六米複合材料風力葉片之可靠度評估

Abstract

目前大部分研究著重於風機整體的完整性分析，考慮材料變異對於葉片可靠度影響的探討較為稀少。本研究目的為同時考慮材料常數與風速為隨機變數下的可靠度，針對型號NACA4418的六米風力葉片進行評估。 以伯努力定律的簡化公式將風速轉換為等效風壓，平均分佈於葉片蒙皮表面，以有限元素法計算葉片蒙皮應力。分析得知隨著材料常數的值增加，葉片產生挫屈的臨界風速會跟著提升。可靠度分析中，將上蒙皮恰發生挫屈視為極限狀態。考慮材料常數與風速為隨機變數，找出上蒙皮在不同材料常數下發生挫屈時的風速(挫屈風速)，每個材料常數值都對應一個挫屈風速值，將所有點線性連接，以此建立極限狀態方程式。為得到材料常數之機率分佈，將製作葉片的方法同理應用於製作試片，進行標準拉伸試驗得到材料常數資料；風速的機率分佈則由中央氣象局取得蘭嶼地區近二十年的風速資料。兩種資料統計整理後，得到平均值與標準差，轉換為韋氏分佈中的純量與形狀參數，以此繪製機率分佈曲線，將曲線與統計的結果比較，兩者結果接近。根據不同的極限狀態結合韋氏機率密度函數，經直接積分法分段計算每個材料常數區間的可靠度值，將所有結果相加後得到葉片可靠度値。 最後將葉片改良，考慮蒙皮層數與腹板數量兩設計參數，建立四種模型並計算其重量。對四種不同的葉片進行可靠度分析，經由考慮葉片重量與可靠度的關係，比較不同設計參數對於可靠度提升的程度。經過比較可發現增加蒙皮確實可以增加葉片可靠度，而雙腹板葉片相較於單腹板葉片對於可靠度增量有更好的效果。

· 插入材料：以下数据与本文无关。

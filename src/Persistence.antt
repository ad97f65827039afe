-- ===== src/Persistence.antt =====
-- The PersistenceAspect of aspect/builtin/persistence.go: an entry for each command, query and event. The
-- message store, the clock, the context's values, JSON, the names of types and the text of an error
-- are parameters; the entries are those of MessageReader.
pub mod Entries
mod Tests
use ddd_qce.Common.{ℕ, String, Bool, true, false, Option, none, some, if◌then◌else◌, str_eq}
use ddd_qce.Common.Int.{ℤ, pos}
use ddd_qce.Errors.{Err, Result, ok, error}
use ddd_qce.Aspect.{CommandAspect, QueryAspect, EventAspect}
use ddd_qce.MessageReader.{CommandEntry, QueryEntry, EventEntry, EventHandlerEntry}

-- The MessageStore interface, over the state that its calls act on.
pub record MessageStore (S : Type 0) : Type 0 where
  pub record_command : S → CommandEntry → S × Option Err
  pub record_query : S → QueryEntry → S × Option Err
  pub record_event : S → EventEntry → S × Option Err
  pub record_event_handler : S → EventHandlerEntry → S × Option Err

-- What the hooks read of a context, a message, a result and an error. `marshal_failed` is the JSON
-- text that stands for a value that cannot be marshalled.
pub record MessageView (S Ctx Msg Res : Type 0) : Type 0 where
  pub trace_id : Ctx → String
  pub span_id : Ctx → String
  pub handler_type : Ctx → Option String
  pub type_name : Msg → String
  pub marshal : Msg → Result String
  pub aggregate_id : Msg → String
  pub event_name : Msg → String
  pub result_name : Res → String
  pub marshal_result : Res → Result String
  pub marshal_failed : Err → String
  pub error_text : Err → String
  pub now : S → ℕ

module _ {S Ctx Msg Res : Type 0} (view : MessageView S Ctx Msg Res) where
  abbrev pub data_or_failure : Result String → String
  data_or_failure (ok data_text) = data_text
  data_or_failure (error e) = view.marshal_failed e

  abbrev pub error_or_empty : Option Err → String
  error_or_empty none = ""
  error_or_empty (some e) = view.error_text e

  abbrev pub result_type : Option Res → String
  result_type none = ""
  result_type (some r) = view.result_name r

  abbrev pub result_data : Option Res → String
  result_data none = ""
  result_data (some r) = data_or_failure (view.marshal_result r)

  unfoldable pub command_entry : S → Ctx → Msg → Option Res → Option Err → ℤ → CommandEntry
  command_entry s ctx cmd result err duration = record {
    trace_id = view.trace_id ctx;
    span_id = view.span_id ctx;
    command_type = view.type_name cmd;
    command_data = data_or_failure (view.marshal cmd);
    result_type = result_type result;
    result_data = result_data result;
    err = error_or_empty err;
    duration = duration;
    created_at = view.now s;
  }

  unfoldable pub query_entry : S → Ctx → Msg → Option Res → Option Err → ℤ → QueryEntry
  query_entry s ctx query result err duration = record {
    trace_id = view.trace_id ctx;
    span_id = view.span_id ctx;
    query_type = view.type_name query;
    query_data = data_or_failure (view.marshal query);
    result_type = result_type result;
    result_data = result_data result;
    err = error_or_empty err;
    duration = duration;
    created_at = view.now s;
  }

  unfoldable pub event_entry : S → Ctx → Msg → Option Err → ℤ → EventEntry
  event_entry s ctx evt err duration = record {
    trace_id = view.trace_id ctx;
    span_id = view.span_id ctx;
    aggregate_id = view.aggregate_id evt;
    event_type = view.event_name evt;
    event_data = data_or_failure (view.marshal evt);
    handler_count = pos 0;
    err = error_or_empty err;
    duration = duration;
    created_at = view.now s;
  }

  abbrev pub handler_status : Option Err → String
  handler_status none = "success"
  handler_status (some e) = "error"

  unfoldable pub handler_entry : S → Ctx → Msg → String → Option Err → ℤ → EventHandlerEntry
  handler_entry s ctx evt handler err duration = record {
    trace_id = view.trace_id ctx;
    span_id = view.span_id ctx;
    aggregate_id = view.aggregate_id evt;
    event_type = view.event_name evt;
    handler_type = handler;
    status = handler_status err;
    err = error_or_empty err;
    duration = duration;
    created_at = view.now s;
  }

  -- A handler type that is missing reads as the empty text.
  unfoldable pub extract_handler_type : Ctx → String
  extract_handler_type ctx = elim (view.handler_type ctx) [ none ↦ "" | some t ↦ t ]

  module _ (store : MessageStore S) where
    -- AfterPublish once the event is recorded.
    unfoldable pub record_handler : S → Ctx → Msg → Option Err → ℤ → S × Option Err
    unfolding handler_entry extract_handler_type
    record_handler s ctx evt err duration =
        if str_eq (extract_handler_type ctx) ""
        then (s, none)
        else store.record_event_handler s
            (handler_entry s ctx evt (extract_handler_type ctx) err duration)

    unfoldable pub after_publish : S → Ctx → Msg → Option Err → ℤ → S × Option Err
    unfolding event_entry record_handler
    after_publish s ctx evt err duration =
        let (s', rec_err) = store.record_event s (event_entry s ctx evt err duration) in
        elim rec_err [ some e ↦ (s', some e) | none ↦ record_handler s' ctx evt err duration ]

    unfoldable pub persistence_command : CommandAspect S Ctx Msg Res
    unfolding command_entry
    persistence_command = record {
      name = "persistence";
      order = pos 200;
      before_command = λ s ctx cmd. (s, ok ctx);
      after_command = λ s ctx cmd result err duration.
          store.record_command s (command_entry s ctx cmd result err (pos duration));
    }

    unfoldable pub persistence_query : QueryAspect S Ctx Msg Res
    unfolding query_entry
    persistence_query = record {
      name = "persistence";
      order = pos 200;
      before_query = λ s ctx query. (s, ok ctx);
      after_query = λ s ctx query result err duration.
          store.record_query s (query_entry s ctx query result err (pos duration));
    }

    unfoldable pub persistence_event : EventAspect S Ctx Msg Res
    unfolding after_publish
    persistence_event = record {
      name = "persistence";
      order = pos 200;
      before_publish = λ s ctx evt. (s, ok ctx);
      after_publish = λ s ctx evt err duration. after_publish s ctx evt err (pos duration);
    }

Recently many research works have focused on the reliability analysis of entire wind turbine. The research about the effects of material property variation on wind blade reliability is relatively rare. The purpose of this thesis is to treat both material property and wind speed as random variables and study how these random variables affect the reliability of a 6-M wind blade with NACA4418 airfoil cross section. The Bernoulli’s principle is used to determine the uniformly distributed wind load on the blade surface. The nonlinear finite element method is used to predict the mechanical behavior of the blade. The buckling failure mode is treated as the limit state of the blade. In the reliability analysis, both material property (Young’s modulus) and wind speed are treat as random variables. In attaining the probability distribution of the Young’s modulus, the curing parameters used in blade manufacturing are also adopted to make the specimens for material testing. The test results are used to find the probability distribution of Young’s modulus. The maximum instantaneous wind speeds in the past 20 years provided by the Central Weather Bureau are used to determine the probability distribution of wind speed. The results of a series of buckling analyses together with a piecewise-linear approximation technique are used to build the limit state curve of the blade. A numerical integration technique is then adopted to calculate the blade reliability. The improvement of the blade is studied by means of analyzing four distinctive blade designs. The effects of blade design parameters such as skin thickness and number of spar web on the blade reliability are investigated and discussed. The comparison results have shown that the increase in skin thickness can increase blade reliability and two-spar blade is more reliable than one-spar blade.